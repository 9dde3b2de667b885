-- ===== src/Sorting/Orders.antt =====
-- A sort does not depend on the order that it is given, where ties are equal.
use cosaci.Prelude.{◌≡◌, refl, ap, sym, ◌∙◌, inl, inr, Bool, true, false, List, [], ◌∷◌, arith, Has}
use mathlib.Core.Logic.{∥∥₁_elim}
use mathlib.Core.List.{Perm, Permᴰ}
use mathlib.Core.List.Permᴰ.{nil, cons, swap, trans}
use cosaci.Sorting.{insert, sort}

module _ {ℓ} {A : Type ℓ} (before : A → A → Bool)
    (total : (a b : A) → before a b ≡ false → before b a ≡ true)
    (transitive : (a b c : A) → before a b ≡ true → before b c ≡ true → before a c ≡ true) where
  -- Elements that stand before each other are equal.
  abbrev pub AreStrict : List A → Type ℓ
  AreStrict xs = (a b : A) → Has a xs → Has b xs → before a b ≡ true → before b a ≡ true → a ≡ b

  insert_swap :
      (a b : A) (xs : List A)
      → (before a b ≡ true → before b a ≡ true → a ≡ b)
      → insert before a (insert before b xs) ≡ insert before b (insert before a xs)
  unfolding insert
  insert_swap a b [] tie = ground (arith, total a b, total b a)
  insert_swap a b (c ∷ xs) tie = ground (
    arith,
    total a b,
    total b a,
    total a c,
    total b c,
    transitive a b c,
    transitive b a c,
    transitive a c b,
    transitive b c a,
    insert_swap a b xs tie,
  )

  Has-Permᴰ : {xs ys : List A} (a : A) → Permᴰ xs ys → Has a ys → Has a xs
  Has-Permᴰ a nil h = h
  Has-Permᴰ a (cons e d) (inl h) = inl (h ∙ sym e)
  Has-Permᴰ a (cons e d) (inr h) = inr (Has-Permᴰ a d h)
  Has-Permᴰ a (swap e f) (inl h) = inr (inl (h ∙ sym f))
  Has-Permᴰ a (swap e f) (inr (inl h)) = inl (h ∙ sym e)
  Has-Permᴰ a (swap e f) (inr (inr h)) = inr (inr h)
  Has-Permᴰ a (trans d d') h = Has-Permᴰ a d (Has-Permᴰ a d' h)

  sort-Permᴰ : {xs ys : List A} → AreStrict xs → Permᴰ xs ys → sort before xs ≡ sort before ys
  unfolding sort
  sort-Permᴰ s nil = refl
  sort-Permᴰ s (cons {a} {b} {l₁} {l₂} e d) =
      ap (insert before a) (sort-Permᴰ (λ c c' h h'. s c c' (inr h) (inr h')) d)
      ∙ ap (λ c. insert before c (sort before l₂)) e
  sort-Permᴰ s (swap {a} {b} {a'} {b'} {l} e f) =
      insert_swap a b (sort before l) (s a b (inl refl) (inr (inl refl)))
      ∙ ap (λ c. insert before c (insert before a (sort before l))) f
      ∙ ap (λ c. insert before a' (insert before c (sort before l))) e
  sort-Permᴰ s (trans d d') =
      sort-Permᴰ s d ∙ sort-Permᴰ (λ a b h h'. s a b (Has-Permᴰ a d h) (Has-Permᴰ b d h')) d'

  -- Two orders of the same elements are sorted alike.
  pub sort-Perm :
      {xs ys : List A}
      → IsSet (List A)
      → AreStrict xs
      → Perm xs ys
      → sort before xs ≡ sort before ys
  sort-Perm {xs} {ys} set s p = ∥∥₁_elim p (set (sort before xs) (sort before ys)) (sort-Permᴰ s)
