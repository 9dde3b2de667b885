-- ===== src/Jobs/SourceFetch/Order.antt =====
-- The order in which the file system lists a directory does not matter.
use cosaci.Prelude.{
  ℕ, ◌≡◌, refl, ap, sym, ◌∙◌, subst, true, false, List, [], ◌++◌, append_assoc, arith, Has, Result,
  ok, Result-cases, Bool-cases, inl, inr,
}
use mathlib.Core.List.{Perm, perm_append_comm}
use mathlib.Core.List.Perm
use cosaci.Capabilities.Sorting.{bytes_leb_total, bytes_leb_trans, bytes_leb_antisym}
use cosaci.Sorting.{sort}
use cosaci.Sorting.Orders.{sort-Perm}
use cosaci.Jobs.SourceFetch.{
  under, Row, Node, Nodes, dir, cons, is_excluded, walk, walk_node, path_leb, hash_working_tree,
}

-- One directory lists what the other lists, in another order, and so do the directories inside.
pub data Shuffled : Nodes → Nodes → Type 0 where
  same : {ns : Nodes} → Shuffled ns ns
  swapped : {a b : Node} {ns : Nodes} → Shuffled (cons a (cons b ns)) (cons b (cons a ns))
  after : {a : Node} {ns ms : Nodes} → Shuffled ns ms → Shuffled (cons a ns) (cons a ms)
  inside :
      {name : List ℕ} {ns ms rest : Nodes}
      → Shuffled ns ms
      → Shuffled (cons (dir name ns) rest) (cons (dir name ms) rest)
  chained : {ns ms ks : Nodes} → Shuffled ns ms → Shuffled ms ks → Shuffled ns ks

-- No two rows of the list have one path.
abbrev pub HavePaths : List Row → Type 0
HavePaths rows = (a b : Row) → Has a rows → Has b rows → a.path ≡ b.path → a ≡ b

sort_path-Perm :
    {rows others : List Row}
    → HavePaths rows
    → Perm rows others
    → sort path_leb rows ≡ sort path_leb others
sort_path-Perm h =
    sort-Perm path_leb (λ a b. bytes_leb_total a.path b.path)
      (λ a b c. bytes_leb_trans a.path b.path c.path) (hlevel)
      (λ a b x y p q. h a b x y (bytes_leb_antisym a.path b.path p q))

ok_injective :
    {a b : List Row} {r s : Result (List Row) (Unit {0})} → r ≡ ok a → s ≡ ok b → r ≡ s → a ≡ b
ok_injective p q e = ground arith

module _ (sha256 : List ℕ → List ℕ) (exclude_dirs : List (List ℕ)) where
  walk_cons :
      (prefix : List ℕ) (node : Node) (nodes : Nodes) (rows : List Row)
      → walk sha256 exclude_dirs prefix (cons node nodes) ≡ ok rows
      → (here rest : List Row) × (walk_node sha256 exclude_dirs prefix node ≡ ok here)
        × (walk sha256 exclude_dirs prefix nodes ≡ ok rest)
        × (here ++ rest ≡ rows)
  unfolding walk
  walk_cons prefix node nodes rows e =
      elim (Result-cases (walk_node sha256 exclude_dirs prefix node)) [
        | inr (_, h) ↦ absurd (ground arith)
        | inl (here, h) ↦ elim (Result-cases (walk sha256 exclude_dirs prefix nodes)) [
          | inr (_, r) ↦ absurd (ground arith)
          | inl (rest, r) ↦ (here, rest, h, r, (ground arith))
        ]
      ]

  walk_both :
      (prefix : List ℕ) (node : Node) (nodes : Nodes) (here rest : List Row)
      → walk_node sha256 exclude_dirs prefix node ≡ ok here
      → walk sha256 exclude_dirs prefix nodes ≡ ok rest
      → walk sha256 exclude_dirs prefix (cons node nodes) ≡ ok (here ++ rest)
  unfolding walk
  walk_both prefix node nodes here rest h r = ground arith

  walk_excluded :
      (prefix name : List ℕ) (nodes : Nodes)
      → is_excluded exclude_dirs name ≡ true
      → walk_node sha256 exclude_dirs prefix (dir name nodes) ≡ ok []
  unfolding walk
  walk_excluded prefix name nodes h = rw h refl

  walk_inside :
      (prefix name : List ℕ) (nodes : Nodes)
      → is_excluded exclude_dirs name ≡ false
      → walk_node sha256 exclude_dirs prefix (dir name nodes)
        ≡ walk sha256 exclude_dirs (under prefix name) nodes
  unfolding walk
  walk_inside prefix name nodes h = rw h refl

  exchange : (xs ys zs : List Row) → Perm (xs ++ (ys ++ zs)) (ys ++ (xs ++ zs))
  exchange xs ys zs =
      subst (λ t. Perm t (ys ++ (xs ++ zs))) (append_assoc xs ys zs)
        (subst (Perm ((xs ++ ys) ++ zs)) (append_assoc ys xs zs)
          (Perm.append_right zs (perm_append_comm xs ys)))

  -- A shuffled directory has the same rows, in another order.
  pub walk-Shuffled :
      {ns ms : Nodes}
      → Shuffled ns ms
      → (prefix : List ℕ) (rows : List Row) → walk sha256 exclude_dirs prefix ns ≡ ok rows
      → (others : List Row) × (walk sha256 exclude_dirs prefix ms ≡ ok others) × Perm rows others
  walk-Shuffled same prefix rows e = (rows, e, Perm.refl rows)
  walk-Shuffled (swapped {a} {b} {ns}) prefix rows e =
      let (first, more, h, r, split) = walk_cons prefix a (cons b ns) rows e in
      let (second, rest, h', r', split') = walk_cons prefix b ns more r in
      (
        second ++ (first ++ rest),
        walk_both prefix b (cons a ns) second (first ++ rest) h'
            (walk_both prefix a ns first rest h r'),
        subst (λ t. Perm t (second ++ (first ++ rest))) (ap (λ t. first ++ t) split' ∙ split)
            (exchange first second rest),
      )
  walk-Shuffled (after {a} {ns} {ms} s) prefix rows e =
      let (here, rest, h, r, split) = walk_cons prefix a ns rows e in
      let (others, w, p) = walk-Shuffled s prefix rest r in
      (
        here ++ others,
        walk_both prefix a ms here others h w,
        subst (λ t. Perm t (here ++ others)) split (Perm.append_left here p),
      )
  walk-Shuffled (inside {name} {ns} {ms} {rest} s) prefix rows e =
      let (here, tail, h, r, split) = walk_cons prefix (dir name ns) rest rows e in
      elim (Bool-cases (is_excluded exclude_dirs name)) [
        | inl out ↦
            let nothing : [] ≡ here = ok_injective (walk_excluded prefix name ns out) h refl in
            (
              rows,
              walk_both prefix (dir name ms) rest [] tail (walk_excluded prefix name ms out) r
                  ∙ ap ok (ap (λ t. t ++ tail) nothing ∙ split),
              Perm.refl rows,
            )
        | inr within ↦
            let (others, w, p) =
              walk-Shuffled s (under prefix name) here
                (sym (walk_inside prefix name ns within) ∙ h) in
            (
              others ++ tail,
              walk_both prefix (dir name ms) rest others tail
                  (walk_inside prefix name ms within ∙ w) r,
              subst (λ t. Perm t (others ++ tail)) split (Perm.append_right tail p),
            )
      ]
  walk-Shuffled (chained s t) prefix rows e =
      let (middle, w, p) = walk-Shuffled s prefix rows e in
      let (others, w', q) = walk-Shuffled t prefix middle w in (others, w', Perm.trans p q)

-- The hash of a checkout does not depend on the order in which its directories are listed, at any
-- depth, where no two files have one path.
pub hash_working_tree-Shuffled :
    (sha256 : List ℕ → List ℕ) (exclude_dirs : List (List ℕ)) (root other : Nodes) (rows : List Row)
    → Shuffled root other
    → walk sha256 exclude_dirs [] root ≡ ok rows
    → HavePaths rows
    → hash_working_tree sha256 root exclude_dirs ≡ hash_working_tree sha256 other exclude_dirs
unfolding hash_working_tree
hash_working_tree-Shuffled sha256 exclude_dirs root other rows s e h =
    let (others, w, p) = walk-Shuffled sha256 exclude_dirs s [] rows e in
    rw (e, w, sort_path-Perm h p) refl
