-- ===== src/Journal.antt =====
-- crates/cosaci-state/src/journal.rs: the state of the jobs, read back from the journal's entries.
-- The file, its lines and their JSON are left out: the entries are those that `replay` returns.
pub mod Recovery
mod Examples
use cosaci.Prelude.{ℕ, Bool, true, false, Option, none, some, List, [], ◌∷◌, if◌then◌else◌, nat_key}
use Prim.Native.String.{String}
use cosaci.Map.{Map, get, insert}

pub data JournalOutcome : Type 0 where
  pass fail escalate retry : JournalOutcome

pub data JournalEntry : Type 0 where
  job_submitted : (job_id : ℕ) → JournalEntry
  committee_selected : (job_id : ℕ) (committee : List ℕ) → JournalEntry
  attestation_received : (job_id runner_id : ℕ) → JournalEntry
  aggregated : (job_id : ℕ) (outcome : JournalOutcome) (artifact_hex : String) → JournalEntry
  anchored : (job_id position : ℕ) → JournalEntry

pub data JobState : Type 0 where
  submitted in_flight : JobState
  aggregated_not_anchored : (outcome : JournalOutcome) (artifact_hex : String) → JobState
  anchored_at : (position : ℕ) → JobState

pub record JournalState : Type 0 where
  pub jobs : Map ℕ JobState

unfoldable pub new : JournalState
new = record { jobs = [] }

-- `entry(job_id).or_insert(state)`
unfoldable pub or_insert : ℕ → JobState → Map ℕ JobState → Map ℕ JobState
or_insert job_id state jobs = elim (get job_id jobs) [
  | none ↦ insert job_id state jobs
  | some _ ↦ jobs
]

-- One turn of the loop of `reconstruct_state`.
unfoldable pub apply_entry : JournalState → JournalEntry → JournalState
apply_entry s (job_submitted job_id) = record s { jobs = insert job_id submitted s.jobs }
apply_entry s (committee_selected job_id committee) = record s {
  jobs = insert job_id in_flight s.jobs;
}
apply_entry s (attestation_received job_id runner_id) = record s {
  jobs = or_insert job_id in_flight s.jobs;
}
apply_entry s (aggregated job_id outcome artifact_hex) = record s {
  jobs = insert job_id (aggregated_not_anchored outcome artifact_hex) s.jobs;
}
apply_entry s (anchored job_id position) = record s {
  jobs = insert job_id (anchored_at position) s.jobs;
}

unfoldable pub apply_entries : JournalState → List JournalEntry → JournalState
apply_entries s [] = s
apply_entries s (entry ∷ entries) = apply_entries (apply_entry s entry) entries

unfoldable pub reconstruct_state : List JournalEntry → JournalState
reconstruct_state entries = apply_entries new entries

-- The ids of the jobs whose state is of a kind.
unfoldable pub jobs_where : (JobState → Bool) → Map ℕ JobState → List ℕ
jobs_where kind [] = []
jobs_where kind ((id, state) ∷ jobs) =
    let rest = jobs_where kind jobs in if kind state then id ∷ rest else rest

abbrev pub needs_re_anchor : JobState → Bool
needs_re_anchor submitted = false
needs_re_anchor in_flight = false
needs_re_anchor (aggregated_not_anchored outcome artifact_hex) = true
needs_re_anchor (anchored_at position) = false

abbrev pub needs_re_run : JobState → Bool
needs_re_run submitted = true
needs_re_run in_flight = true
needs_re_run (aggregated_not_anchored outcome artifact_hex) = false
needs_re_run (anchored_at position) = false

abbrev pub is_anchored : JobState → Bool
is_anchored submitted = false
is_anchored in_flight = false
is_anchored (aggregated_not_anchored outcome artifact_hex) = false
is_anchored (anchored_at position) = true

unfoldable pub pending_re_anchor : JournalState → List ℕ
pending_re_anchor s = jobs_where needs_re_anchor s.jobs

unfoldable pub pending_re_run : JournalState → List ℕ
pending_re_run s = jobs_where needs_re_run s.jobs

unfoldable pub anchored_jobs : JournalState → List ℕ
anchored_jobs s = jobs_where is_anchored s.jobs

=== Exercise objective ===
Only the number is needed: state how many lines in the listing contain "true".

=== Answer box ===
12